= Beginning of Section =
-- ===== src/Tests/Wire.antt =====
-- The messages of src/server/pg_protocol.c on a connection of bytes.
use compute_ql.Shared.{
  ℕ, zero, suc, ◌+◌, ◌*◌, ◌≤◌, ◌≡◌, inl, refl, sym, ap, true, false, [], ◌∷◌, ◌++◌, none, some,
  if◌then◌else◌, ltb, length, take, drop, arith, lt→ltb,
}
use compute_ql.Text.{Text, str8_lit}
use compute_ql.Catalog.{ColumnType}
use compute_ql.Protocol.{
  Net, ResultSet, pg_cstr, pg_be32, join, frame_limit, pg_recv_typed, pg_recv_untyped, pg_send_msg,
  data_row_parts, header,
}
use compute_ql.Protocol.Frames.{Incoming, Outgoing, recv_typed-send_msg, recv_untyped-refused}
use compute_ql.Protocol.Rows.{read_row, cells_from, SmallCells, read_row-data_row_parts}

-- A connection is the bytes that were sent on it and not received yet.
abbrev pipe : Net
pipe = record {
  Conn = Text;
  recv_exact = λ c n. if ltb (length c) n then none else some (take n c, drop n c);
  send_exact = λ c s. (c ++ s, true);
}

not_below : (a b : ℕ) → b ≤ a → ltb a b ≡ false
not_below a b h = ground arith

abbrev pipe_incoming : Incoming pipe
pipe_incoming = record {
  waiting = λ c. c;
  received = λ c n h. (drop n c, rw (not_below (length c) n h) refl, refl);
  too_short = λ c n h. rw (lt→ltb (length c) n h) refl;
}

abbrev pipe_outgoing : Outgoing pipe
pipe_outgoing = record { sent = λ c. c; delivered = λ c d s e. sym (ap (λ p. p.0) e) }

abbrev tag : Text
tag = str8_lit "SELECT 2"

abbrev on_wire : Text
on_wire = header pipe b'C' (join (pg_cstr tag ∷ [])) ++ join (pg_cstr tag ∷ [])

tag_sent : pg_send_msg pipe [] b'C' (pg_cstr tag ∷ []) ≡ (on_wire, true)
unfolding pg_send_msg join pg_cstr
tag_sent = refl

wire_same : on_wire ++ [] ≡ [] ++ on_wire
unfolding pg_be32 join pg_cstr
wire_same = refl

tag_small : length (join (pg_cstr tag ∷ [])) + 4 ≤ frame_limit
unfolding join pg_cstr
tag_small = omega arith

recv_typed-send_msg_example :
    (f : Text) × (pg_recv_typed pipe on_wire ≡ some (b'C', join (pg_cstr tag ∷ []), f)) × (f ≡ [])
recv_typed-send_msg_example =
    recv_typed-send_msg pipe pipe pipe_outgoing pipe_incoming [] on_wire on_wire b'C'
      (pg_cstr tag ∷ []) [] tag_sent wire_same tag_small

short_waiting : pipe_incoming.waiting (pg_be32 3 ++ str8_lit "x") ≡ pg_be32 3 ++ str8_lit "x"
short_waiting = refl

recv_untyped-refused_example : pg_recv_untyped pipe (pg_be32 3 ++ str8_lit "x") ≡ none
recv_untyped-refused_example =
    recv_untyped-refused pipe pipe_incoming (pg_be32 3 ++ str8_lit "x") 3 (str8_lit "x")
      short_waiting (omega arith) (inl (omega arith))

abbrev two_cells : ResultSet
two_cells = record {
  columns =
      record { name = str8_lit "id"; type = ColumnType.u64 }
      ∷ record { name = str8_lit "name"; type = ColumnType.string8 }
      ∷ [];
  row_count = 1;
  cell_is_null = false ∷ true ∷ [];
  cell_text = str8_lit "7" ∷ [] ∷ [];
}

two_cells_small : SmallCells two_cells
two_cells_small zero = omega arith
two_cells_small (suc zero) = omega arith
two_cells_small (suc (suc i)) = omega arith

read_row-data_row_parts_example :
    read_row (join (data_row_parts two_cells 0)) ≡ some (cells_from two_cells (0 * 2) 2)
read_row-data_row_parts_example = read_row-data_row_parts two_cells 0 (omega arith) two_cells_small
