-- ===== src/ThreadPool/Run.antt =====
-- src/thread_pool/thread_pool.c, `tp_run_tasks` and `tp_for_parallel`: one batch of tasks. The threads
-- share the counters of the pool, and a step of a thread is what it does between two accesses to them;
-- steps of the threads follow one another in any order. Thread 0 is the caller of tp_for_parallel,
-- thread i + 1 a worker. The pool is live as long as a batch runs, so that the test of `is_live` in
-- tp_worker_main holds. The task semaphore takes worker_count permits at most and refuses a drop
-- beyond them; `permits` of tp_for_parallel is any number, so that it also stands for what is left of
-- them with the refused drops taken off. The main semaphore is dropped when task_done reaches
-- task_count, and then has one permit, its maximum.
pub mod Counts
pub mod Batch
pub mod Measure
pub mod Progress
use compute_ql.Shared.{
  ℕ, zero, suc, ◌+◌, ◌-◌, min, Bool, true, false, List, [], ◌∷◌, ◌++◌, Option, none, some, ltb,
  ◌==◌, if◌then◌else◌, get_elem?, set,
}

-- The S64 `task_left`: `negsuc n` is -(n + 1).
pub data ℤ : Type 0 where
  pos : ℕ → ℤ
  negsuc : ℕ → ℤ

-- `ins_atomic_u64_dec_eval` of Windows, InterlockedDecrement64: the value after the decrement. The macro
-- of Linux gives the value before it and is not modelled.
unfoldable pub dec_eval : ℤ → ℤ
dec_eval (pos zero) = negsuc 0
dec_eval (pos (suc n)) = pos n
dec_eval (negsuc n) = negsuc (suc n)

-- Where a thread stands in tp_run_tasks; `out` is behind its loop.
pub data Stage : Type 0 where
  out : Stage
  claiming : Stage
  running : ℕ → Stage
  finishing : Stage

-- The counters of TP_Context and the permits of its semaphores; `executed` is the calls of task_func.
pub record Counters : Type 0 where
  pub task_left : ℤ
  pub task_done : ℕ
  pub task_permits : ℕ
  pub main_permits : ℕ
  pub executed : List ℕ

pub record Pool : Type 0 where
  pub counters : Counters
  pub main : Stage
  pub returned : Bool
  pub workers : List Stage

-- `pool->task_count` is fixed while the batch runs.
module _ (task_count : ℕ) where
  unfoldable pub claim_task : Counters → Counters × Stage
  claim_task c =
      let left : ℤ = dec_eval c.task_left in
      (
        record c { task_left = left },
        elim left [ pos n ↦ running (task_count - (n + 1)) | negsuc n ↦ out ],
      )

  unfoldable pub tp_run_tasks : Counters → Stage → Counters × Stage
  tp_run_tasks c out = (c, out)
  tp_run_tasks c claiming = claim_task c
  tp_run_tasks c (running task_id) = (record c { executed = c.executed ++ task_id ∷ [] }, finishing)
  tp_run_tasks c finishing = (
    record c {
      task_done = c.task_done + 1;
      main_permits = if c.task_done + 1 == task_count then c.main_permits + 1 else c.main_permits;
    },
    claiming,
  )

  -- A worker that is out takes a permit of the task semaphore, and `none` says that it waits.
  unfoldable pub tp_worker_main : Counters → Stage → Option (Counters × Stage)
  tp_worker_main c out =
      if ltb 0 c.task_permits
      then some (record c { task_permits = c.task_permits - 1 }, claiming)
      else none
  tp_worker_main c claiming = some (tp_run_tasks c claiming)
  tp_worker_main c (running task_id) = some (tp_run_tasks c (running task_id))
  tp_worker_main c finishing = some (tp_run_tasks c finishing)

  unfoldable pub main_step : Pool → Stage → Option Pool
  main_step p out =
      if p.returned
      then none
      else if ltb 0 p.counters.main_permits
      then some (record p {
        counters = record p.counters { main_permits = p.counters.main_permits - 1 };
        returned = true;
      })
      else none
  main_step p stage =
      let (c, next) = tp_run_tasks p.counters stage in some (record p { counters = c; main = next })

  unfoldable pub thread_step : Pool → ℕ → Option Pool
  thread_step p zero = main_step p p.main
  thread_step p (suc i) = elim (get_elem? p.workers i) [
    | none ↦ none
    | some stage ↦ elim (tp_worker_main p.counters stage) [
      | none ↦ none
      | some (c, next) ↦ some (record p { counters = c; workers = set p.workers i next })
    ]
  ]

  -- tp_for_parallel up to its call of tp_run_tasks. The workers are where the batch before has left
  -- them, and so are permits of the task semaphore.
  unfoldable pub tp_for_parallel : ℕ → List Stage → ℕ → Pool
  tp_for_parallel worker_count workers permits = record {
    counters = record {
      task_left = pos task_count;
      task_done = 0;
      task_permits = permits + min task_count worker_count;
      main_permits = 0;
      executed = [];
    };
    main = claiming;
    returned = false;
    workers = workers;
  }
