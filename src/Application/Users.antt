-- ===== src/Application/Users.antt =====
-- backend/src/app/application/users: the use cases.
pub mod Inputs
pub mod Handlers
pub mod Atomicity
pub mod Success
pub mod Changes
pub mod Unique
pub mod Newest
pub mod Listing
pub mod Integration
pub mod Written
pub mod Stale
= End of Section =
Output exactly the lines of the material above from the one containing "(f : Text) ×" up to and including the one containing "short_waiting (omega arith)".

    (f : Text) × (pg_recv_typed pipe on_wire ≡ some (b'C', join (pg_cstr tag ∷ []), f)) × (f ≡ [])
recv_typed-send_msg_example =
    recv_typed-send_msg pipe pipe pipe_outgoing pipe_incoming [] on_wire on_wire b'C'
      (pg_cstr tag ∷ []) [] tag_sent wire_same tag_small

short_waiting : pipe_incoming.waiting (pg_be32 3 ++ str8_lit "x") ≡ pg_be32 3 ++ str8_lit "x"
short_waiting = refl

recv_untyped-refused_example : pg_recv_untyped pipe (pg_be32 3 ++ str8_lit "x") ≡ none
recv_untyped-refused_example =
    recv_untyped-refused pipe pipe_incoming (pg_be32 3 ++ str8_lit "x") 3 (str8_lit "x")
      short_waiting (omega arith) (inl (omega arith))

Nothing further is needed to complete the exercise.